Posting on behalf of my friend:

*Interesting Evo Design 4G dilemna created by my noobness*

First off, I know I just signed up. I've been creeping for the past month or so.

So here is the situation:

Summary: I have a hardware problem on a rooted/unlocked htc evo design and have to return it to stock settings to return but have lost usb connection and cannot re-establish.

Hboot:
Unlocked
S-On
1.26.0000

Software Info:
version: 2.3.4
htc sense: 3.0
software number: DesignerEvo-0.5

Longer Version:

I bump into a tech-head tweak everything buddy of mine and he says i just have to "flash the new ics" to my phone.

15 hours of banging the head against the wall later i realize im trying to unlock/root/su/flash as though i have the evo 4g not the evo DESIGN 4g which i actually have. (and which i shortly discovered has nothing customized for it) After that I was off and away-ish...

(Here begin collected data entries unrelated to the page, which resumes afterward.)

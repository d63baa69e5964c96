-- ===== src/Dogstatsd/Aggregators.antt =====
-- aggregator.py, class MetricsBucketAggregator, as what a flush of the reporter calls.
use dd_agent.Prelude.{ℕ, none, some}
use dd_agent.Aggregator.Point.{Point}
use dd_agent.Aggregator.Base
use dd_agent.Aggregator.Base.{Event, ServiceCheck}
use dd_agent.Aggregator.Buckets
use dd_agent.Aggregator.Buckets.{BucketAggregator}
use dd_agent.Dogstatsd.Reporter.{Source}

-- The methods at a time; an exception of flush leaves the aggregator as it was here, where the code
-- has deleted some of its buckets.
unfoldable pub bucket_source : ℕ → Source
unfolding Buckets.flush_all Base.flush_events Base.flush_service_checks
bucket_source now = record {
  State = BucketAggregator;
  Point = Point;
  Event = Event;
  Check = ServiceCheck;
  flush = λ a. elim (Buckets.flush_all a now) [ none ↦ (none, a) | some (ps, a') ↦ (some ps, a') ];
  flush_events = λ a. let (b, es) = Base.flush_events a.base in (es, record a { base = b });
  flush_service_checks =
      λ a. let (b, cs) = Base.flush_service_checks a.base in (cs, record a { base = b });
  total_count = λ a. a.total_count;
}
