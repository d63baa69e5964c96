-- ===== src/Dogstatsd/Deliveries.antt =====
-- dogstatsd.py, Reporter.flush: what a flush whose texts can all be serialized posts.
use mathlib.Core.List.{append-nil}
use dd_agent.Prelude.{
  ℕ, ◌+◌, ◌%◌, ◌==◌, ◌<◌, ◌≡◌, ◌∙◌, refl, ap, sym, some, List, [], ◌∷◌, ◌++◌, map, Bool, true,
  false, if◌then◌else◌, length, All, List-cases, inl, inr,
}
use dd_agent.Prelude.Text.{Text, codes}
use dd_agent.Dogstatsd.Chunks.{chunks, concat, IsChunk, chunks-splits}
use dd_agent.Dogstatsd.Payload.{Encoding, json, serialized, body_of, serialize_metrics-serialized}
use dd_agent.Dogstatsd.Reporter.{
  Source, Post, series, intake, check_run, Reporter, submit, post_chunks, submit_events,
  submit_service_checks, is_empty, finish, flush_checks, flush_events, flush_metrics, counted,
  flush,
}

module _ (src : Source) (enc : Encoding src.Point) (dumps_events : List src.Event → Bool)
    (dumps_checks : List src.Check → Bool) (text_of : List src.Point → Text)
    (dumps_all : (ms : List src.Point) → enc.dumps ms ≡ json (text_of ms))
    (dumps_each : (c : List src.Event) → dumps_events c ≡ true)
    (dumps_any : (c : List src.Check) → dumps_checks c ≡ true) where
  open src use {State, Event, Check}

  abbrev Posts : Type 0
  Posts = List (Post Event Check)

  post_chunks_lem :
      (cs : List (List Event))
      → post_chunks src enc dumps_events dumps_checks cs ≡ (map intake cs, true)
  unfolding post_chunks
  post_chunks_lem [] = refl
  post_chunks_lem (c ∷ cs) = simp (post_chunks_lem cs, dumps_each c) refl

  -- The service checks are posted in one request, if there are any.
  abbrev pub check_posts : List Check → Posts
  check_posts checks = if is_empty checks then [] else check_run checks ∷ []

  -- The series is posted in one request, with the metric that reports its serialization.
  abbrev pub metric_posts : List src.Point → Posts
  metric_posts metrics =
      if is_empty metrics
      then []
      else series (body_of enc (text_of (metrics ++ enc.status_metric (codes "success") ∷ []))) ∷ []

  flush_checks_lem :
      (m e : ℕ) (posts : Posts) (r : Reporter State)
      → flush_checks src enc dumps_events dumps_checks m e posts r
        ≡ finish src enc dumps_events dumps_checks m e
            (length (src.flush_service_checks r.metrics_aggregator).0)
            (posts ++ check_posts (src.flush_service_checks r.metrics_aggregator).0)
            (record r { metrics_aggregator = (src.flush_service_checks r.metrics_aggregator).1 })
  unfolding flush_checks
  flush_checks_lem m e posts r =
      let checks = (src.flush_service_checks r.metrics_aggregator).0 in
      let left : Reporter State = record r {
        metrics_aggregator = (src.flush_service_checks r.metrics_aggregator).1;
      } in
      elim (List-cases checks) [
        | inl none_left ↦
            simp (none_left, flush_checks)
              (ap (λ ps. finish src enc dumps_events dumps_checks m e 0 ps left)
                (sym (append-nil posts)))
        | inr (c, cs, some_left) ↦
            simp (some_left, dumps_any (c ∷ cs), flush_checks, submit_service_checks) refl
      ]

  submit_events_lem :
      (events : List Event) (size : ℕ) (cs : List (List Event))
      → chunks events size ≡ some cs
      → submit_events src enc dumps_events dumps_checks events size ≡ (map intake cs, true)
  unfolding submit_events
  submit_events_lem events size cs e = rw (e, submit_events) (post_chunks_lem cs)

  -- The chunks of the events, and what flush_events makes of them.
  abbrev Chunked : ℕ → List Event → List (List Event) → Type 0
  Chunked size events cs = (concat cs ≡ events) × All (IsChunk size) cs

  flush_events_lem :
      (m : ℕ) (posts : Posts) (r : Reporter State)
      → 0 < r.event_chunk_size
      → (cs : List (List Event)) × Chunked r.event_chunk_size
          (src.flush_events r.metrics_aggregator).0
          cs
        × (flush_events src enc dumps_events dumps_checks m posts r
            ≡ flush_checks src enc dumps_events dumps_checks m
                (length (src.flush_events r.metrics_aggregator).0)
                (posts ++ map intake cs)
                (record r { metrics_aggregator = (src.flush_events r.metrics_aggregator).1 }))
  unfolding flush_events
  flush_events_lem m posts r h =
      let events = (src.flush_events r.metrics_aggregator).0 in
      let left : Reporter State = record r {
        metrics_aggregator = (src.flush_events r.metrics_aggregator).1;
      } in
      elim (List-cases events) [
        | inl none_left ↦ (
          [],
          (sym none_left, tt),
          simp (none_left, flush_events)
              (ap (λ ps. flush_checks src enc dumps_events dumps_checks m 0 ps left)
                (sym (append-nil posts))),
        )
        | inr (c, cs, some_left) ↦
            let (chunked, splits, joined, small) = chunks-splits events r.event_chunk_size h in
            let all = submit_events_lem events r.event_chunk_size chunked splits in
            let nonempty : is_empty events ≡ false = ap is_empty some_left in
            (chunked, (joined, small), rw (nonempty, flush_events) (rw all refl))
      ]

  submit_lem :
      (metrics : List src.Point)
      → submit src enc dumps_events dumps_checks metrics
        ≡ some (
            series (body_of enc (text_of (metrics ++ enc.status_metric (codes "success") ∷ [])))
            ∷ [])
  unfolding submit serialized
  submit_lem metrics =
      let all = metrics ++ enc.status_metric (codes "success") ∷ [] in
      rw
        (
          serialize_metrics-serialized enc metrics all (text_of all)
              (rw (dumps_all all, serialized) refl),
          submit,
        )
        refl

  -- the reporter after the log has been counted
  abbrev logged : Reporter State → State → Reporter State
  logged r s = record r {
    metrics_aggregator = s;
    flush_count = r.flush_count + 1;
    log_count = if (r.flush_count + 1) % 70 == 0 then 0 else r.log_count + 1;
  }

  flush_metrics_lem :
      (metrics : List src.Point) (r : Reporter State) (s : State)
      → flush_metrics src enc dumps_events dumps_checks
          (some metrics)
          (counted src enc dumps_events dumps_checks r s)
        ≡ flush_events src enc dumps_events dumps_checks
            (length metrics)
            (metric_posts metrics)
            (logged r s)
  unfolding flush_metrics
  flush_metrics_lem [] r s = refl
  flush_metrics_lem (m ∷ ms) r s = rw (submit_lem (m ∷ ms)) refl

  flush_lem :
      (r : Reporter State) (metrics : List src.Point) (s : State)
      → src.flush r.metrics_aggregator ≡ (some metrics, s)
      → flush src enc dumps_events dumps_checks r
        ≡ flush_events src enc dumps_events dumps_checks
            (length metrics)
            (metric_posts metrics)
            (logged r s)
  unfolding flush
  flush_lem r metrics s e =
      ap
        (λ p.
          flush_metrics src enc dumps_events dumps_checks p.0
            (counted src enc dumps_events dumps_checks r p.1))
        e
      ∙ flush_metrics_lem metrics r s

  -- A flush of an aggregator whose flush returns, where json.dumps succeeds on everything, posts the
  -- metrics in one request, then the events in their order, none lost and none twice, in chunks of
  -- at most event_chunk_size, and then the service checks in one request; a kind of which there is
  -- nothing is not posted. It leaves the aggregator as its three methods do, one after the other, and
  -- persists the number of each kind.
  pub flush_delivers :
      (r : Reporter State) (metrics : List src.Point) (s : State)
      → 0 < r.event_chunk_size
      → src.flush r.metrics_aggregator ≡ (some metrics, s)
      → (cs : List (List Event)) × (concat cs ≡ (src.flush_events s).0)
        × All (IsChunk r.event_chunk_size) cs
        × ((flush src enc dumps_events dumps_checks r).posts
            ≡ metric_posts metrics
              ++ map intake cs
              ++ check_posts (src.flush_service_checks (src.flush_events s).1).0)
        × ((flush src enc dumps_events dumps_checks r).reporter.metrics_aggregator
            ≡ (src.flush_service_checks (src.flush_events s).1).1)
        × ((flush src enc dumps_events dumps_checks r).status
            ≡ some (record {
              flush_count = r.flush_count + 1;
              packet_count = src.total_count (src.flush_service_checks (src.flush_events s).1).1;
              metric_count = length metrics;
              event_count = length (src.flush_events s).0;
              service_check_count = length (src.flush_service_checks (src.flush_events s).1).0;
            }))
  unfolding finish
  flush_delivers r metrics s h e =
      let (cs, (joined, small), events) =
        flush_events_lem (length metrics) (metric_posts metrics) (logged r s) h in
      let left : Reporter State = record (logged r s) {
        metrics_aggregator = (src.flush_events s).1;
      } in
      let all =
        flush_lem r metrics s e
        ∙ events
        ∙ flush_checks_lem (length metrics) (length (src.flush_events s).0)
            (metric_posts metrics ++ map intake cs) left in
      (
        cs,
        joined,
        small,
        ap (λ p. p.posts) all,
        ap (λ p. p.reporter.metrics_aggregator) all,
        ap (λ p. p.status) all,
      )
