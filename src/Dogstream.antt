-- ===== src/Dogstream.antt =====
-- checks/datadog.py: the parsers of log files.
pub mod Order
pub mod Groups
pub mod Grouping
pub mod Aggregation
pub mod Parser
pub mod Kept
pub mod Check
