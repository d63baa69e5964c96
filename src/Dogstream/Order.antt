-- ===== src/Dogstream/Order.antt =====
-- checks/datadog.py, point_sorter: Python's order on the keys of points.
use dd_agent.Prelude.{
  ◌≡◌, refl, ap, ltb_ℤ, ◌⊎◌, Option, none, some, [], ◌∷◌, Bool, true, false, not, ◌&&◌, ◌||◌, arith,
  inl, inr,
}
use dd_agent.Prelude.Text.{Text}
use dd_agent.Prelude.{eq_of_parts}
use dd_agent.Aggregator.Base.{lt_text}

-- A strict order in which any two elements that are not ordered are equal.
pub record IsOrder {A : Type 0} (lt : A → A → Bool) : Type 0 where
  pub asym : (x y : A) → lt x y ≡ true → lt y x ≡ false
  pub trans : (x y z : A) → lt y x ≡ false → lt z y ≡ false → lt z x ≡ false
  pub same : (x y : A) → lt x y ≡ false → lt y x ≡ false → x ≡ y

-- None is below every text.
abbrev pub lt_option : {A : Type 0} → (A → A → Bool) → Option A → Option A → Bool
lt_option lt none none = false
lt_option lt none (some y) = true
lt_option lt (some x) none = false
lt_option lt (some x) (some y) = lt x y

-- the order of tuples
abbrev pub lt_pair : {A B : Type 0} → (A → A → Bool) → (B → B → Bool) → A × B → A × B → Bool
lt_pair lt lt' (a, b) (c, d) = lt a c || (not (lt c a) && lt' b d)

lt_text_asym : (x y : Text) → lt_text x y ≡ true → lt_text y x ≡ false
unfolding lt_text
lt_text_asym [] [] h = refl
lt_text_asym [] (d ∷ ds) h = refl
lt_text_asym (c ∷ cs) [] h = cc
lt_text_asym (c ∷ cs) (d ∷ ds) h = ground (arith, lt_text_asym cs ds)

lt_text_trans : (x y z : Text) → lt_text y x ≡ false → lt_text z y ≡ false → lt_text z x ≡ false
unfolding lt_text
lt_text_trans [] [] z h k = k
lt_text_trans [] (d ∷ ds) [] h k = cc
lt_text_trans [] (d ∷ ds) (e ∷ es) h k = refl
lt_text_trans (c ∷ cs) [] z h k = cc
lt_text_trans (c ∷ cs) (d ∷ ds) [] h k = cc
lt_text_trans (c ∷ cs) (d ∷ ds) (e ∷ es) h k = ground (arith, lt_text_trans cs ds es)

lt_text_same : (x y : Text) → lt_text x y ≡ false → lt_text y x ≡ false → x ≡ y
unfolding lt_text
lt_text_same [] [] h k = refl
lt_text_same [] (d ∷ ds) h k = cc
lt_text_same (c ∷ cs) [] h k = cc
lt_text_same (c ∷ cs) (d ∷ ds) h k = ground (arith, lt_text_same cs ds)

pub text_order : IsOrder lt_text
text_order = record { asym = lt_text_asym; trans = lt_text_trans; same = lt_text_same }

pub int_order : IsOrder ltb_ℤ
int_order = record {
  asym = λ x y h. ground arith;
  trans = λ x y z h k. ground arith;
  same = λ x y h k. eq_of_parts x y (ground arith);
}

module _ {A : Type 0} (lt : A → A → Bool) (order : IsOrder lt) where
  lt_option_asym : (x y : Option A) → lt_option lt x y ≡ true → lt_option lt y x ≡ false
  lt_option_asym none none h = cc
  lt_option_asym none (some y) h = refl
  lt_option_asym (some x) none h = cc
  lt_option_asym (some x) (some y) h = order.asym x y h

  lt_option_trans :
      (x y z : Option A)
      → lt_option lt y x ≡ false
      → lt_option lt z y ≡ false
      → lt_option lt z x ≡ false
  lt_option_trans none none z h k = k
  lt_option_trans none (some y) none h k = cc
  lt_option_trans none (some y) (some z) h k = refl
  lt_option_trans (some x) none z h k = cc
  lt_option_trans (some x) (some y) none h k = cc
  lt_option_trans (some x) (some y) (some z) h k = order.trans x y z h k

  lt_option_same : (x y : Option A) → lt_option lt x y ≡ false → lt_option lt y x ≡ false → x ≡ y
  lt_option_same none none h k = refl
  lt_option_same none (some y) h k = cc
  lt_option_same (some x) none h k = cc
  lt_option_same (some x) (some y) h k = ap some (order.same x y h k)

  pub option_order : IsOrder (lt_option lt)
  option_order = record { asym = lt_option_asym; trans = lt_option_trans; same = lt_option_same }

-- Two Booleans of which the first or, unless the other first one is true, the second is true.
either_false : (p q r : Bool) → (p || (not q && r)) ≡ false → (p ≡ false) × (q ≡ false → r ≡ false)
either_false true q r h = cc
either_false false true r h = (refl, (λ e. cc))
either_false false false r h = (refl, (λ e. h))

either_true : (p q r : Bool) → (p || (not q && r)) ≡ true → (p ≡ true) ⊎ ((q ≡ false) × (r ≡ true))
either_true true q r h = inl refl
either_true false true r h = cc
either_true false false r h = inr (refl, h)

is_false : (p q r : Bool) → p ≡ false → (q ≡ false → r ≡ false) → (p || (not q && r)) ≡ false
is_false true q r h k = cc
is_false false true r h k = refl
is_false false false r h k = k refl

module _ {A B : Type 0} (lt : A → A → Bool) (lt' : B → B → Bool) (order : IsOrder lt)
    (order' : IsOrder lt') where
  lt_pair_asym : (x y : A × B) → lt_pair lt lt' x y ≡ true → lt_pair lt lt' y x ≡ false
  lt_pair_asym (a, b) (c, d) h = elim (either_true (lt a c) (lt c a) (lt' b d) h) [
    | inl e ↦ is_false (lt c a) (lt a c) (lt' d b) (order.asym a c e) (λ n. cc)
    | inr (n, e) ↦ is_false (lt c a) (lt a c) (lt' d b) n (λ m. order'.asym b d e)
  ]

  lt_pair_trans :
      (x y z : A × B)
      → lt_pair lt lt' y x ≡ false
      → lt_pair lt lt' z y ≡ false
      → lt_pair lt lt' z x ≡ false
  lt_pair_trans (a, b) (c, d) (e, f) h k =
      let (ca, then_db) = either_false (lt c a) (lt a c) (lt' d b) h in
      let (ec, then_fd) = either_false (lt e c) (lt c e) (lt' f d) k in
      is_false (lt e a) (lt a e) (lt' f b) (order.trans a c e ca ec) (λ ae.
        order'.trans b d f (then_db (order.trans c e a ec ae)) (then_fd (order.trans e a c ae ca)))

  lt_pair_same : (x y : A × B) → lt_pair lt lt' x y ≡ false → lt_pair lt lt' y x ≡ false → x ≡ y
  lt_pair_same (a, b) (c, d) h k =
      let (ac, then_bd) = either_false (lt a c) (lt c a) (lt' b d) h in
      let (ca, then_db) = either_false (lt c a) (lt a c) (lt' d b) k in
      λ i. (order.same a c ac ca i, order'.same b d (then_bd ca) (then_db ac) i)

  pub pair_order : IsOrder (lt_pair lt lt')
  pair_order = record { asym = lt_pair_asym; trans = lt_pair_trans; same = lt_pair_same }
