-- ===== src/Dogstream/Groups.antt =====
-- checks/datadog.py, Dogstream._aggregate: the points of a check are sorted and put in groups.
use dd_agent.Prelude.{
  ℕ, ℤ, Option, none, some, List, [], ◌∷◌, map, Bool, true, false, leb, ltb_ℤ, ◌&&◌, ◌||◌, not,
  ◌++◌, if◌then◌else◌, ◌+◌,
}
use dd_agent.Prelude.Dict.{Dict, get, put}
use dd_agent.Prelude.Text.{Text, Text-discrete, codes}
use dd_agent.Prelude.Sort.{sort}
use dd_agent.Aggregator.Base.{lt_text}
use dd_agent.Dogstream.Order.{lt_option, lt_pair}

-- (metric, timestamp, value, attributes)
pub record Value (F : Type 0) : Type 0 where
  pub metric : Text
  pub timestamp : ℤ
  pub value : F
  pub attributes : Dict Text Text

abbrev pub attribute : {F : Type 0} → Text → Value F → Option Text
attribute name v = get Text-discrete v.attributes name

-- timestamp, metric, host_name, device_name
abbrev pub Key : Type 0
Key = ℤ × (Text × (Option Text × Option Text))

-- point_sorter
abbrev pub point_sorter : {F : Type 0} → Value F → Key
point_sorter v =
    (v.timestamp, (v.metric, (attribute (codes "host_name") v, attribute (codes "device_name") v)))

abbrev pub lt_key : Key → Key → Bool
lt_key = lt_pair ltb_ℤ (lt_pair lt_text (lt_pair (lt_option lt_text) (lt_option lt_text)))

-- itertools.groupby: runs of elements with one key, which are equal if neither is below the other.
module _ {K V : Type 0} (lt : K → K → Bool) (key : V → K) where
  abbrev pub same : K → K → Bool
  same j k = not (lt j k || lt k j)

  abbrev pub add_to_groups : V → List (K × List V) → List (K × List V)
  add_to_groups v [] = (key v, v ∷ []) ∷ []
  add_to_groups v ((k, g) ∷ gs) =
      if same (key v) k then (k, v ∷ g) ∷ gs else (key v, v ∷ []) ∷ (k, g) ∷ gs

  unfoldable pub group_by : List V → List (K × List V)
  group_by [] = []
  group_by (v ∷ vs) = add_to_groups v (group_by vs)

  -- values.sort(key=...) and groupby(values, key=...)
  unfoldable pub groups_of : List V → List (K × List V)
  unfolding sort group_by
  groups_of vs = group_by (sort (λ v w. lt (key v) (key w)) vs)

-- float() and +, which keep to floats
pub record Floats : Type 1 where
  pub Float : Type 0
  pub zero : Float
  pub add : Float → Float → Float

-- d.update(a)
abbrev pub update : Dict Text Text → Dict Text Text → Dict Text Text
update d [] = d
update d ((k, v) ∷ a) = update (put Text-discrete d k v) a

abbrev lower : ℕ → ℕ
lower c = if leb b'A' c && leb c b'Z' then c + 32 else c

module _ (fs : Floats) where
  open fs use {Float, add}

  -- (metric, timestamp, val, attributes)
  abbrev pub Output : Type 0
  Output = Value Float

  -- sum(vals), from the left
  unfoldable pub sum : Float → List (Value Float) → Float
  sum x [] = x
  sum x (v ∷ vs) = sum (add x v.value) vs

  -- vals[-1]
  unfoldable pub last_value : Float → List (Value Float) → Float
  last_value x [] = x
  last_value x (v ∷ vs) = last_value v.value vs

  unfoldable pub attributes_of : Dict Text Text → List (Value Float) → Dict Text Text
  attributes_of d [] = d
  attributes_of d (v ∷ vs) = attributes_of (update d v.attributes) vs

  -- str(attributes.get('metric_type', '')).lower() == 'counter'
  abbrev pub is_counter : Dict Text Text → Bool
  is_counter d = elim (get Text-discrete d (codes "metric_type")) [
    | none ↦ false
    | some t ↦ elim (Text-discrete (map lower t) (codes "counter")) [
      | Dec.yes _ ↦ true
      | Dec.no _ ↦ false
    ]
  ]

  -- The output for a group: none where there is no value.
  unfoldable pub summary : Key → List (Value Float) → List Output
  unfolding sum last_value attributes_of
  summary k [] = []
  summary (ts, (metric, _)) (v ∷ vs) =
      let attributes = attributes_of [] (v ∷ vs) in
      record {
        metric = metric;
        timestamp = ts;
        value = if is_counter attributes then sum fs.zero (v ∷ vs) else last_value v.value vs;
        attributes = attributes;
      }
      ∷ []

  unfoldable pub summaries : List (Key × List (Value Float)) → List Output
  unfolding summary
  summaries [] = []
  summaries ((k, g) ∷ gs) = summary k g ++ summaries gs

  -- _aggregate: the value of "dogstream", which is missing if there is no output
  unfoldable pub aggregate : List (Value Float) → Option (List Output)
  unfolding groups_of summaries
  aggregate values = elim (summaries (groups_of lt_key point_sorter values)) [
    | [] ↦ none
    | o ∷ os ↦ some (o ∷ os)
  ]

so here is what i have done (don't mock me for saying it wrong):

- Unlocked the phone via htc dev site (it won't let me post links yet)
- Flashed/Installed Custom Recovery Clockwork mod 5.0.2.7
- Flashed su-2.3.6.3
- Flashed Designer Evo 0.5 found at sdx-developers (wont let me link)
- then for kicks flashed a a vaelek rom that said it was compatible-ish for the evo design from http://forum.xda-developers.com/show....php?t=1399351 it didnt see usb and other issues, so...
- then came back to Designer Evo
- installed setcpu to try to improve battery life...

Everything was fine for a couple of weeks (other than no ics and crappy battery life!)...

All of a sudden at random the phone powers off with battery reading charged. It will reboot, and within minutes power off again.

It does this in stock rom and custom.

If i keep it on charge it stays on.

If i remove it after charging, it holds power for a little while, but still powers off.

I thought conflict may have been between setcpu and a power savings app i had running and had forgotten to remove. removed, seemed to be okay then same.

I decided to come back on here figure out how to flash back to factory and unroot, and plugged it into computer (windows 7) via usb. "unknown device". reinstalled drivers. same problem. opened as ubuntu 11.x, still nothing. installed drivers nothing.

I dloaded a stock PH44img.zip w/ phone and put it on root and it would load at hboot, but do nothing after. may require s-off?

This is weird, I did a factory reset from recovery and on reboot it defaulted to the vaelek custom rom, so i went back to my oldest backup.

so... as i said, I think I have a hardware problem on a rooted/unlocked htc evo design and have to return it to stock settings to return but have lost usb connection and cannot re-establish.


----------



## grinch (Dec 25, 2011)

nobody? hmph


----------



## Jarocookies (Jul 28, 2011)

Have you found a solution?


----------



## rberry88 (Dec 16, 2011)

I thought using the HTC official method of rooting your phone wouldn't allow you to return to non-rooted.

Sent from my ADR6400L using Tapatalk 2


----------